# Galtür und Umgebung



## Willi-w (19. März 2012)

Hallo Zusammen #h, kennt jemand den Zeinissee, Zeinisbach und Stausee Kops in der nähe von Galtür? Ich mach dort dieses Jahr mit der Familie Sommerurlaub (Anfang Juni) und wollte gern mal die Fliegen- und die Spinnrute mitnehmen. Kann mir jemand Tipps zu der Gegend geben und den umliegenden Gewässern geben? Wäre super! 

Gruß,
Willi


----------



## QSXE (19. März 2012)

*AW: Galtür und Umgebung*

Ich kann zwar an dieser Stelle keinen Gewässertipp geben aber um in Tirol fischen zu dürfen muss man  Mitglied im Tiroler Fischereiverband sein. Das kostet aber eh nur 25€. Kann nämlich durchaus recht nerfig sein wenn man das dann erst for ort erfährt und das dann noch schnell einzahlen muss. 
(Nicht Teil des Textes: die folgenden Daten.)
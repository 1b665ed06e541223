-- ===== src/Exfs/Inodes/Record.antt =====
-- source/core/exfs/exfs.c: a record of the inode table, written and read back.
use xasmos.Base.{
  ℕ, ◌+◌, ◌-◌, ◌*◌, ◌%◌, ◌^◌, ◌≤◌, ◌<◌, ◌≡◌, ◌⊎◌, refl, ap, ◌∙◌, ltb, ◌==◌, if◌then◌else◌, arith,
  for_up, for_up_inv, inl, inr, Bool-cases,
}
use xasmos.Exfs.Format.{Page, put8, put32, put64, get32, get64}
use xasmos.Exfs.Format.Fields.{
  put32-outside, put64-outside, get32-cong, get64-cong, get32-put32, get64-put64, put_bytes,
}
use xasmos.Exfs.Volume.{ExfsFile, ExfsExtent, name_max, exfs_inl}
use xasmos.Exfs.Inodes.{inode_bytes, put_extent, first_chain, inode_encode}

-- The extents after the loop that writes them, and the bytes before them.
pub record Extents (exts : ℕ → ExfsExtent) (base : Page) (k : ℕ) (r : Page) : Type 0 where
  pub front : (j : ℕ) → j < 128 → r j ≡ base j
  pub start : (i : ℕ) → i < k → get64 (128 + i * 16) r ≡ (exts i).start % 2 ^ 64
  pub len : (i : ℕ) → i < k → get32 (128 + i * 16 + 8) r ≡ (exts i).len % 2 ^ 32

put_extent-outside :
    (exts : ℕ → ExfsExtent) (k j : ℕ) (r : Page)
    → (j < 128 + k * 16) ⊎ (128 + k * 16 + 12 ≤ j)
    → put_extent 128 exts k r j ≡ r j
unfolding put_extent
put_extent-outside exts k j r (inl h) =
    put32-outside (128 + k * 16 + 8) (exts k).len j _ (inl (omega arith))
    ∙ put64-outside (128 + k * 16) (exts k).start j r (inl h)
put_extent-outside exts k j r (inr h) =
    put32-outside (128 + k * 16 + 8) (exts k).len j _ (inr (omega arith))
    ∙ put64-outside (128 + k * 16) (exts k).start j r (inr (omega arith))

put_extent-get :
    (exts : ℕ → ExfsExtent) (k : ℕ) (r : Page)
    → (get64 (128 + k * 16) (put_extent 128 exts k r) ≡ (exts k).start % 2 ^ 64)
      × (get32 (128 + k * 16 + 8) (put_extent 128 exts k r) ≡ (exts k).len % 2 ^ 32)
unfolding put_extent
put_extent-get exts k r =
    let at = 128 + k * 16 in
    let q = put64 at (exts k).start r in
    (
      get64-cong at (put32 (at + 8) (exts k).len q) q
            (λ j a b. put32-outside (at + 8) (exts k).len j q (inl (omega arith)))
          ∙ get64-put64 at (exts k).start r,
      get32-put32 (at + 8) (exts k).len q,
    )

Extents-step :
    (exts : ℕ → ExfsExtent) (base : Page) (k : ℕ) (r : Page)
    → Extents exts base k r
    → Extents exts base (k + 1) (put_extent 128 exts k r)
Extents-step exts base k r h =
    let new = put_extent-get exts k r in
    let kept64 = λ (i : ℕ) (p : i < k).
      get64-cong (128 + i * 16) (put_extent 128 exts k r) r
        (λ j a b. put_extent-outside exts k j r (inl (omega arith))) in
    let kept32 = λ (i : ℕ) (p : i < k).
      get32-cong (128 + i * 16 + 8) (put_extent 128 exts k r) r
        (λ j a b. put_extent-outside exts k j r (inl (omega arith))) in
    record {
      front = λ j p. put_extent-outside exts k j r (inl (omega arith)) ∙ h.front j p;
      start = λ i p. elim (Bool-cases (i == k)) [
        | inl e ↦ let same : i ≡ k = ground arith in rw same new.0
        | inr e ↦ let below : i < k = ground arith in kept64 i below ∙ h.start i below
      ];
      len = λ i p. elim (Bool-cases (i == k)) [
        | inl e ↦ let same : i ≡ k = ground arith in rw same new.1
        | inr e ↦ let below : i < k = ground arith in kept32 i below ∙ h.len i below
      ];
    }

put-Extents :
    (exts : ℕ → ExfsExtent) (base : Page) (n : ℕ)
    → Extents exts base n (for_up n 0 (put_extent 128 exts) base)
put-Extents exts base n =
    for_up_inv (Extents exts base) (put_extent 128 exts) n 0 n
      (λ k r a b h. Extents-step exts base k r h) base (omega arith)
      (record {
        front = λ j p. refl;
        start = λ i p. absurd (omega arith);
        len = λ i p. absurd (omega arith);
      })

-- The bytes of the record before the extents, in the steps of `inode_encode`.
module _ (f : ExfsFile) (r : Page) where
  abbrev pub flag : ℕ
  flag = if f.used then 1 else 0

  abbrev pub ninl : ℕ
  ninl = if ltb f.n exfs_inl then f.n else exfs_inl

  abbrev pub flagged : Page
  flagged = put32 0 flag (for_up inode_bytes 0 (λ i p. put8 i 0 p) r)

  abbrev pub typed : Page
  typed = put32 4 f.type flagged

  abbrev pub sized : Page
  sized = put64 8 f.size typed

  abbrev pub named : Page
  named = for_up (name_max + 1) 0 (λ i p. put8 (16 + i) (f.name i) p) sized

  abbrev pub base : Page
  base = put32 120 ninl (put64 112 (first_chain f) named)

  pub base-front : (j : ℕ) → j < 112 → base j ≡ named j
  base-front j p =
      put32-outside 120 ninl j (put64 112 (first_chain f) named) (inl (omega arith))
      ∙ put64-outside 112 (first_chain f) j named (inl p)

  pub named-front : (j : ℕ) → j < 16 → named j ≡ sized j
  named-front j p = ground (arith, put_bytes 96 16 f.name sized j)

  pub named-name : (i : ℕ) → i < 96 → named (16 + i) ≡ f.name i % 256
  named-name i p =
      let back : 16 + i - 16 ≡ i = omega arith in
      ground (arith, put_bytes 96 16 f.name sized (16 + i), ap f.name back)

  base-sized : (j : ℕ) → j < 16 → base j ≡ sized j
  base-sized j p = base-front j (omega arith) ∙ named-front j p

  pub read_used : get32 0 base ≡ flag % 2 ^ 32
  read_used =
      get32-cong 0 base flagged (λ j a b.
        base-sized j (omega arith)
        ∙ put64-outside 8 f.size j typed (inl (omega arith))
        ∙ put32-outside 4 f.type j flagged (inl (omega arith)))
      ∙ get32-put32 0 flag _

  pub read_type : get32 4 base ≡ f.type % 2 ^ 32
  read_type =
      get32-cong 4 base typed
        (λ j a b. base-sized j (omega arith) ∙ put64-outside 8 f.size j typed (inl (omega arith)))
      ∙ get32-put32 4 f.type flagged

  pub read_size : get64 8 base ≡ f.size % 2 ^ 64
  read_size =
      get64-cong 8 base sized (λ j a b. base-sized j (omega arith)) ∙ get64-put64 8 f.size typed

  pub read_chain : get64 112 base ≡ first_chain f % 2 ^ 64
  read_chain =
      let q = put64 112 (first_chain f) named in
      get64-cong 112 base q (λ j a b. put32-outside 120 ninl j q (inl (omega arith)))
      ∙ get64-put64 112 (first_chain f) named

  pub read_ninl : get32 120 base ≡ ninl % 2 ^ 32
  read_ninl = get32-put32 120 ninl _

-- What `inode_encode` leaves, from the record's own words.
module _ (f : ExfsFile) (exts : ℕ → ExfsExtent) (r : Page) where
  abbrev pub encoded : Page
  encoded = for_up (ninl f r) 0 (put_extent 128 exts) (base f r)

  pub wrote : Extents exts (base f r) (ninl f r) encoded
  wrote = put-Extents exts (base f r) (ninl f r)

  pub inode_encode-encoded : inode_encode f exts r ≡ encoded
  unfolding inode_encode
  inode_encode-encoded = refl

  pub front32 : (at : ℕ) → at + 4 ≤ 128 → get32 at encoded ≡ get32 at (base f r)
  front32 at p = get32-cong at encoded (base f r) (λ j a b. wrote.front j (omega arith))

  pub front64 : (at : ℕ) → at + 8 ≤ 128 → get64 at encoded ≡ get64 at (base f r)
  front64 at p = get64-cong at encoded (base f r) (λ j a b. wrote.front j (omega arith))
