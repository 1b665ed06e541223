-- ===== src/Exfs/Inodes/RoundTrip.antt =====
-- source/core/exfs/exfs.c: decoding a record undoes encoding it, for a file without a chain.
use xasmos.Base.{
  ℕ, zero, suc, ◌+◌, ◌-◌, ◌%◌, ◌^◌, ◌≤◌, ◌<◌, ◌≡◌, refl, ap, ◌∙◌, true, false, not, ◌&&◌, ltb, leb,
  ◌==◌, if◌then◌else◌, arith, update, inl, inr, Bool-cases,
}
use xasmos.Exfs.Format.{Page, get32, get64}
use xasmos.Exfs.Volume.{exfs_ok, ExfsFile, ExfsExtent, Volume, name_max, exfs_inl}
use xasmos.Exfs.Inodes.{
  inode_encode, first_chain, get_extent, stage_extents, decode_fields, Decoding, walk_chain,
  inode_decode,
}
use xasmos.Exfs.Inodes.Record.{
  ninl, flag, encoded, wrote, inode_encode-encoded, front32, front64, base-front, named-name,
  read_used, read_type, read_size, read_chain, read_ninl,
}

-- A used file whose fields fit their cells and whose extents all stand in the inode.
pub record IsInline (f : ExfsFile) (exts : ℕ → ExfsExtent) : Type 0 where
  pub used : f.used ≡ true
  pub type : f.type < 2 ^ 32
  pub size : f.size < 2 ^ 64
  pub few : f.n ≤ exfs_inl
  pub chainless : f.nchain ≡ 0
  pub bytes : (i : ℕ) → i ≤ name_max → f.name i < 2 ^ 8
  pub terminated : f.name name_max ≡ 0
  pub start : (i : ℕ) → i < f.n → (exts i).start < 2 ^ 64
  pub len : (i : ℕ) → i < f.n → (exts i).len < 2 ^ 32

-- The decoded file is the file, without a slice yet, and its extents are in `V.stage`.
pub record Restored (f : ExfsFile) (exts : ℕ → ExfsExtent) (d : Decoding) : Type 0 where
  pub used : d.file.used ≡ true
  pub type : d.file.type ≡ f.type
  pub size : d.file.size ≡ f.size
  pub name : (i : ℕ) → i ≤ name_max → d.file.name i ≡ f.name i
  pub n : d.file.n ≡ f.n
  pub nchain : d.file.nchain ≡ 0
  pub ext_cap : d.file.ext_cap ≡ 0
  pub dirty : d.file.dirty ≡ false
  pub start : (i : ℕ) → i < f.n → (d.stage i).start ≡ (exts i).start
  pub len : (i : ℕ) → i < f.n → (d.stage i).len ≡ (exts i).len

stage_extents-cell :
    (c at i n j : ℕ) (r : Page) (stage : ℕ → ExfsExtent)
    → stage_extents c at i n r stage j
      ≡ (if leb n j && ltb j (n + c) then get_extent at (i + (j - n)) r else stage j)
unfolding stage_extents
stage_extents-cell zero at i n j r stage = ground arith
stage_extents-cell (suc c) at i n j r stage =
    let rest = stage_extents-cell c at (i + 1) (n + 1) j r (update stage n (get_extent at i r)) in
    elim (Bool-cases (j == n)) [
      | inl e ↦
          let back : i + (j - n) ≡ i = ground arith in
          ground (arith, rest, ap (λ (k : ℕ). get_extent at k r) back)
      | inr e ↦ elim (Bool-cases (leb n j)) [
        | inl q ↦
            let on : i + (j - n) ≡ i + 1 + (j - (n + 1)) = ground arith in
            ground (arith, rest, ap (λ (k : ℕ). get_extent at k r) on)
        | inr q ↦ ground (arith, rest)
      ]
    ]

module _ {ℓ} {D : Type ℓ} (f : ExfsFile) (exts : ℕ → ExfsExtent) (r : Page) (v : Volume D)
    (d : Decoding) (h : IsInline f exts) where
  abbrev fields : ExfsFile
  fields = decode_fields (encoded f exts r) d.file

  abbrev result : Decoding
  result = record d {
    file = record fields { n = get32 120 (encoded f exts r) };
    stage = stage_extents (get32 120 (encoded f exts r)) 128 0 0 (encoded f exts r) d.stage;
  }

  count : get32 120 (encoded f exts r) ≡ f.n
  count =
      let all : ninl f r ≡ f.n = ground (arith, h.few) in
      front32 f exts r 120 (omega arith) ∙ read_ninl f r ∙ omega (arith, all, h.few)

  is_used : not (get32 0 (encoded f exts r) == 0) ≡ true
  is_used =
      let one : flag f r ≡ 1 = rw h.used refl in
      let at : get32 0 (encoded f exts r) ≡ flag f r % 2 ^ 32 =
        front32 f exts r 0 (omega arith) ∙ read_used f r in
      ground (arith, at, one)

  no_chain : get64 112 (encoded f exts r) ≡ 0
  no_chain =
      let none : first_chain f ≡ 0 = ground (arith, h.chainless) in
      front64 f exts r 112 (omega arith) ∙ read_chain f r ∙ rw none refl

  decoded : inode_decode (encoded f exts r) v d ≡ (exfs_ok, result)
  unfolding inode_decode walk_chain decode_fields
  decoded =
      let small : ltb exfs_inl (get32 120 (encoded f exts r)) ≡ false =
        ground (arith, count, h.few) in
      rw (is_used, small, no_chain) refl

  name_cell : (i : ℕ) → i ≤ name_max → fields.name i ≡ f.name i
  unfolding decode_fields
  name_cell i p =
      let w = wrote f exts r in
      let cell : encoded f exts r (16 + i) ≡ f.name i % 256 =
        w.front (16 + i) (omega arith)
        ∙ base-front f r (16 + i) (omega arith)
        ∙ named-name f r i (omega arith) in
      ground (arith, cell, h.bytes i, h.terminated)

  stage_cell : (i : ℕ) → i < f.n → result.stage i ≡ get_extent 128 i (encoded f exts r)
  stage_cell i p =
      let back : 0 + (i - 0) ≡ i = omega arith in
      ground (
        arith,
        count,
        stage_extents-cell (get32 120 (encoded f exts r)) 128 0 0 i (encoded f exts r) d.stage,
        ap (λ (k : ℕ). get_extent 128 k (encoded f exts r)) back,
      )

  Restored-result : Restored f exts result
  unfolding decode_fields get_extent
  Restored-result =
      let w = wrote f exts r in
      let all : ninl f r ≡ f.n = ground (arith, h.few) in
      record {
        used = is_used;
        type = front32 f exts r 4 (omega arith) ∙ read_type f r ∙ omega (arith, h.type);
        size = front64 f exts r 8 (omega arith) ∙ read_size f r ∙ omega (arith, h.size);
        name = name_cell;
        n = count;
        nchain = refl;
        ext_cap = refl;
        dirty = refl;
        start = λ i p.
            ap (λ (e : ExfsExtent). e.start) (stage_cell i p)
            ∙ w.start i (omega (arith, all))
            ∙ omega (arith, h.start i p);
        len = λ i p.
            ap (λ (e : ExfsExtent). e.len) (stage_cell i p)
            ∙ w.len i (omega (arith, all))
            ∙ omega (arith, h.len i p);
      }

-- For a used file whose fields fit their cells and whose extents all stand in the inode: decoding the
-- record that `inode_encode` writes succeeds and gives back its type, size, name and extents, whatever
-- the buffers held before.
pub inode_decode-encode {ℓ} :
    {D : Type ℓ} (f : ExfsFile) (exts : ℕ → ExfsExtent) (r : Page) (v : Volume D) (d : Decoding)
    → IsInline f exts
    → (d' : Decoding) × (inode_decode (inode_encode f exts r) v d ≡ (exfs_ok, d'))
      × Restored f exts d'
inode_decode-encode f exts r v d h =
    rw (inode_encode-encoded f exts r)
      (result f exts r v d h, decoded f exts r v d h, Restored-result f exts r v d h)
Das könnte aber bei Reviersuche durchaus helfen

QSXE


----------



## Laketrout (6. Juni 2012)

*AW: Galtür und Umgebung*

Hallo Willi
vielleicht bin ich ja schon zu spät.
Mit den Infos zu Galtür, hier findest du alles:
http://www.fischerei-galtuer.at
Gibt Tageskarten im Hotel Sabine und im Berggasthof Zeinisjoch.

Viel Erfolg
Roland


----------



## Willi-w (8. Juni 2012)

*AW: Galtür und Umgebung*

Hallo zusammen, zu spät ist es definitiv nicht. Der Urlaub hat sich auf mitte September verschoben. Dake für die Infos. Wir sind im Berggasthof Zeinisjoch. Ich denke da wir mir geholfen. Wenn noch jemand Tipps oder infos hat würde ich mich freuen.

Gruß,
Willi


----------